A Colonel Sanders lookalike improbably named Waco Marchand. He didn’t speak to Gabriel but greeted me with a polite kiss just over my wrist. My hand smelled like peppermint and hair tonic for the rest of the night.


A blond lady with a slight British accent, who went by Sophie. Just Sophie. That was as close to Cher as we got in the Hollow. She was turned in her mid -forties. Her face was unlined and unpainted, leaving a plastic sheen to her skin that was beguiling and disquieting at the same time. She was confident enough not to wear any accessories with her rather fabulous black pantsuit.


Ophelia Lambert, a willowy brunette, was wearing jeans, a T-shirt, and a locket that was probably three hundred years old.


Ophelia could have been three hundred years old, but she appeared to be about sixteen. Her dewy, youthful looks conflicted with the imposing presence, a sort of “Yes, I look as if I read Tiger Beat, but I can remove your spleen without blinking” attitude. She was almost as scary as some of the girls from my high school.


Council members were assigned to their precincts regardless of origin, so Ophelia and Sophie ’s “Continental” presence wasn’t all that strange. I did, however, believe I recognized Mr. Marchand from a Confederate memorial statue downtown.


Ophelia, who was apparently the head of the panel, motioned for us to sit at the crayon -scarred round table. A brown-aproned waitress named Betty arrived promptly to take our orders—Mama’s Pancake Breakfasts all around—and we wouldn’t see her for another forty-five minutes.


Despite the gravity of the situation, I couldn ’t concentrate on the members of the council. Sitting in a crowded human environment was an assault on the senses. Conversation from other tables hovered around us in needling mosquito clouds. And the bacon, which I had loved so much in life, kind of smelled like baby vomit. I concentrated on my silverware, shredding the paper napkin ring into tiny strips and twisting them into long coils.

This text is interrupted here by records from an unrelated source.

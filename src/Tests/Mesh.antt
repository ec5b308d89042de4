-- ===== src/Tests/Mesh.antt =====
-- Of 256 ranks with a queue pair for each other, ranks 0 and 255 are active.
use ep_demo.Prelude.{ℕ, ◌==◌, refl, if◌then◌else◌, List, [], ◌∷◌, arith}
use ep_demo.EpBuffer.{peer_rank}
use ep_demo.EpBuffer.Pairs.{IsRanks, other_end}
use ep_demo.EpBuffer.Connect.{
  Command, init2rtr, rtr2rts, ib_path, infiniband, Remote, QpInfo, fill_from,
}
use ep_demo.EpBuffer.Connect.Done.{commands_of}
use ep_demo.EpBuffer.Connect.Mesh.{Peer, Names, sync_ib-mutual}
use ep_demo.Tests.EpBuffer.{verbs, numbers, region, tables}

abbrev infos_of : ℕ → ℕ → QpInfo
infos_of r j = record { qpn = numbers r j; port_num = 1; lid = 7; link_layer = infiniband }

-- What rank `r` gets, if only rank `other` is active beside it.
abbrev remote_of : ℕ → ℕ → Remote
remote_of r other = record {
  remote_addrs = λ i. 4096;
  remote_keys = λ i. 3;
  remote_qpns = λ j. numbers (peer_rank 256 j) (other_end 256 r j);
  remote_lids = λ i. 9;
  subnet_prefixes = λ i. 1;
  interface_ids = λ i. 2;
  active_ranks_mask = λ i. if i == other then 1 else 0;
}

abbrev log_of : ℕ → ℕ → List (ℕ × Command)
log_of r j =
    (j, init2rtr (numbers r j) 5 30 (numbers j r) 7 1 (ib_path 0 9))
    ∷ (j, rtr2rts (numbers r j) 0 1 0 7 7 20)
    ∷ []

abbrev peers : ℕ → Peer
peers r =
    let other : ℕ = if r == 0 then 255 else 0 in
    record {
      verbs = verbs;
      mr = region;
      qps = infos_of r;
      remote = remote_of r other;
      before = tables;
      after = fill_from region r (remote_of r other) 0 256 tables;
      log = log_of r other;
    }

many-IsRanks : IsRanks 256
many-IsRanks = omega arith

sync_ib-mutual_example :
    Names verbs
      (infos_of 0 255)
      (numbers 255 (other_end 256 0 255))
      (commands_of 255 (log_of 0 255))
    × Names verbs
        (infos_of 255 (other_end 256 0 255))
        (numbers 0 255)
        (commands_of (other_end 256 0 255) (log_of 255 0))
sync_ib-mutual_example =
    sync_ib-mutual 256 peers 0 255 many-IsRanks (omega arith) (omega arith) (λ r j h g. refl) refl
      refl (omega arith) (omega arith)
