-- ===== src/Tests/Mlx5gda.antt =====
-- Queue pairs of 16384 entries in a control buffer of 1 GiB.
use ep_demo.Prelude.{false, none, length, Option, [], arith, refl, some, true, ℕ, ◌^◌, ◌∷◌, ◌≡◌}
use ep_demo.Memheap.{
  Allocation, create, align_up, aligned_alloc, alloc, alloc_align, bump, push, reuse,
}
use ep_demo.Mlx5gda.{CqAnswers, World}
use ep_demo.Mlx5gda.Qp.{Qp, QpAnswers, create_rc_qp}
use ep_demo.EpBuffer.QueuePairs.{Round}
use ep_demo.Device.Queue.{Wqebb, data_seg}
use ep_demo.Device.Queue.Ring.{IsRing}
use ep_demo.EpBuffer.{ib}
use ep_demo.EpBuffer.QueuePairs.{init_qps}
use ep_demo.EpBuffer.Contexts.{AllCreated, device_context, init_qps-IsRing}
use ep_demo.EpBuffer.InitIbgda.{Ibgda, IbgdaAnswers}
use ep_demo.EpBuffer.InitIbgda.Held.{IsFresh}
use ep_demo.EpBuffer.Object.{HostAnswers, Host, construct, object, destroy, no_buffers}
use ep_demo.EpBuffer.Object.Held.{all_buffers, destroy-construct}
use ep_demo.Mlx5gda.CreateQp.{HoldsQp, create_rc_qp-HoldsQp}

abbrev pub cq_answers : CqAnswers
cq_answers = record {
  memset_ok = true;
  malloc_ok = true;
  eqn = some 5;
  uar = some 9;
  sync_ok = true;
  ctz = λ n. 14;
  obj_create = λ c. some 11;
}

abbrev pub qp_answers : QpAnswers
qp_answers = record {
  calloc_ok = true;
  query_port_ok = true;
  cqe_version = some 1;
  cq = cq_answers;
  uar = some 10;
  register_ok = true;
  unregister_ok = true;
  memset_ok = true;
  sync_ok = true;
  ilog2 = λ n. 14;
  obj_create = λ c. some 77;
}

abbrev pub idle : World
idle = record {
  heap = record { size = 2 ^ 30; allocated = 0; allocs = [] };
  uars = 0;
  registered = 0;
  objects = 0;
  mallocs = 0;
}

create_rc_qp-HoldsQp_example :
    (r : Option Qp × World) × (create_rc_qp qp_answers idle 3 16384 ≡ some r) × HoldsQp true idle r
create_rc_qp-HoldsQp_example = create_rc_qp-HoldsQp qp_answers idle 3 16384 (omega arith)

abbrev pub made : Qp
made = record {
  send_cq = record { cqn = 11; cqe = 16384; cq_offset = 0; dbr_offset = 1048576 };
  qpn = 77;
  num_wqebb = 16384;
  wq_offset = 1052672;
  dbr_offset = 2101248;
}

abbrev pub block : ℕ → ℕ → Allocation
block offset size = record { offset = offset; size = size; used = true }

abbrev pub after : World
after = record {
  heap = record {
    size = 2 ^ 30;
    allocated = 2101256;
    allocs = block 0 1048576 ∷ block 1048576 8 ∷ block 1052672 1048576 ∷ block 2101248 8 ∷ [];
  };
  uars = 2;
  registered = 1;
  objects = 2;
  mallocs = 2;
}

made_after : create_rc_qp qp_answers idle 3 16384 ≡ some (some made, after)
unfolding aligned_alloc alloc alloc_align reuse bump align_up push
made_after = refl

abbrev pub round : Round
round = record { answers = qp_answers; rst2init_ok = true; sync_ok = true }

abbrev queue : ℕ → Wqebb
queue i = record {
  ctrl = record { opmod_idx_opcode = 0; qpn_ds = 0; fm_ce_se = 0 };
  raddr = record { raddr = 0; rkey = 0; reserved = 0 };
  third = data_seg 0 0 0;
  fourth = data_seg 0 0 0;
}

init_qps-IsRing_example :
    AllCreated
      (λ qp. IsRing 14 (device_context queue 0 qp) × ((device_context queue 0 qp).wq_head ≡ 0))
      (init_qps 3 (round ∷ []) idle [])
init_qps-IsRing_example = init_qps-IsRing 3 (round ∷ []) idle queue 0

abbrev fresh : Ibgda
fresh = record {
  device_list = false;
  context = false;
  pd = false;
  mpd = false;
  mr = false;
  ctrl_buf = false;
  ctrl_buf_umem = false;
  ctrl_buf_heap = false;
  qps = [];
  world = idle;
}

fresh-IsFresh : IsFresh fresh
fresh-IsFresh = record { mr = refl; ctrl_buf = refl; ctrl_buf_umem = refl; qps = refl }

-- The second device has the name, and its second GID is of InfiniBand.
abbrev ibgda_answers : IbgdaAnswers
ibgda_answers = record {
  names_match = false ∷ true ∷ [];
  open_ok = true;
  query_port_ok = true;
  gids =
      none
      ∷ some (record { raw = record { word0 = 0; word1 = 0; word2 = 0; word3 = 1 }; gid_type = ib })
      ∷ [];
  query_gid_ok = true;
  pd_ok = true;
  init_obj_ok = true;
  mr_ok = true;
  ctrl_buf_ok = true;
  umem = some 3;
  heap_ok = true;
  rounds = round ∷ [];
}

abbrev host_answers : HostAnswers
host_answers = record {
  get_device_ok = true;
  get_attribute_ok = true;
  nvlink_ipc_off = true;
  devices = some (true ∷ []);
  fabric = record {
    device_get = true;
    granularity = some 4096;
    create_ok = true;
    reserve_ok = true;
    map_ok = true;
    set_access_ok = true;
  };
  malloc_ok = true;
  tables = record {
    raddrs_ok = true;
    rkeys_ok = true;
    qp_devctxs_ok = true;
    nvlink_ok = true;
    clear_nvlink_ok = true;
    ptrs_host_ok = true;
    ptrs_ok = true;
    clear_ptrs_ok = true;
    stream_ok = true;
  };
  ibgda_answers = ibgda_answers;
  workspace_ok = true;
  clear_workspace_ok = true;
}

abbrev host : Host
host = record {
  use_fabric_mem = true;
  ibgda_disabled = false;
  buffers = all_buffers true;
  ibgda = record {
    device_list = false;
    context = true;
    pd = true;
    mpd = true;
    mr = true;
    ctrl_buf = true;
    ctrl_buf_umem = true;
    ctrl_buf_heap = true;
    qps = made ∷ [];
    world = after;
  };
}

host-made : construct host_answers 100000 fresh ≡ object host
unfolding create aligned_alloc alloc alloc_align reuse bump align_up push
host-made = refl

destroy-construct_example :
    ((destroy host).buffers ≡ no_buffers)
    × ((destroy host).ibgda ≡ host.ibgda)
    × (host.ibgda_disabled ≡ false
        → (length (destroy host).ibgda.qps ≡ 1) × ((destroy host).ibgda.ctrl_buf_umem ≡ true))
destroy-construct_example =
    destroy-construct host_answers 100000 fresh host fresh-IsFresh (omega arith) host-made
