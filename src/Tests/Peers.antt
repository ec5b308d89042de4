-- ===== src/Tests/Peers.antt =====
-- A peer on the same node publishes a handle of 64 bytes.
use mathlib.Core.List.{Memᴰ}
use ep_demo.Prelude.{ℕ, ◌≡◌, ◌≢◌, refl, false, List, [], ◌∷◌, replicate, arith}
use ep_demo.EpBuffer.Handles.{get_ipc_handle, closed_handles}
use ep_demo.EpBuffer.Nvlink.{Ipc, sync_nvlink_ipc_handles}
use ep_demo.EpBuffer.P2p.{IsPeer}
use ep_demo.EpBuffer.Peers.{sync-published}
use ep_demo.Tests.EpBuffer.{node, no_entry}

abbrev raw : List ℕ
raw = replicate 64 7

abbrev publishing : Ipc
publishing = record node {
  remote_handles = get_ipc_handle false raw ∷ get_ipc_handle false raw ∷ [];
}

publishing-IsPeer : IsPeer publishing 1
publishing-IsPeer = record {
  not_below = omega arith;
  not_above = omega arith;
  active = omega arith;
  other = omega arith;
  accessible = refl;
  enabled = refl;
}

sync-published_example :
    let s = (sync_nvlink_ipc_handles publishing false no_entry).0 in
    let closed = closed_handles 2 4096 (λ i. (s i).ptr) in
    ((s 1).nvlink ≡ 1)
    × ((s 1).ptr ≡ 65536)
    × (◌≢◌ {A = ℕ} 65536 0 → ◌≢◌ {A = ℕ} 65536 4096 → Memᴰ 65536 closed)
    × ((p : ℕ) → Memᴰ p closed → (p ≢ 0) × (p ≢ 4096))
sync-published_example =
    sync-published publishing no_entry 1 65536 raw publishing-IsPeer refl refl (omega arith) refl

“Do you know why you’re here?” Ophelia finally asked, her eyes as flat and still as a shark’s as she spoke to me.


I hesitated. If there was ever a time for me to cure my chronic babbling, this was it. “I was told that you have some questions for me.”


Gabriel inclined his head slightly, as if to tell me I was off to a good start. We ’d agreed that if I was being inappropriate or started to jabber, he would tap me with his foot under the table. Head nodding was a sign that I ’d said or done something appropriate. It was demeaning, but I didn’t want to dwell on it. The council stared me down, clearly expecting more.


“I’m told that a vampire was killed last night,” I said.


“A vampire you attacked just hours before he was locked in his trunk and set on fire,” Sophie pointed out.


“I contend that it’s possible Walter did that to himself.”


No response from the panel beyond quirked lips from Ophelia. Gabriel kicked me under the table.


“Now, why was a nice young lady like you tussling with some no-account like that?” Mr. Marchand asked, shaking his head in fatherly distaste.


“I objected to the way he was holding Norm, the human bartender, upside down and shaking him like a piggy bank,” I said with as little irritation as possible. “Walter and I disagreed. Dick Cheney intervened. Walter drove away. I drove home. Andrea Byrne, whom I believe is well known in the vampire community, stayed on my couch, and …she can’t tell you much because she was essentially passed out drunk during the fight.


“I need to find a new way to tell stories,” I added lamely.


“Listening to the words in your head before you say them might help,” Sophie suggested kindly. She stretched out her hand. I felt compelled to take it. As soon as I was within range, she clutched my wrist and dragged me close, wrenching me against the table.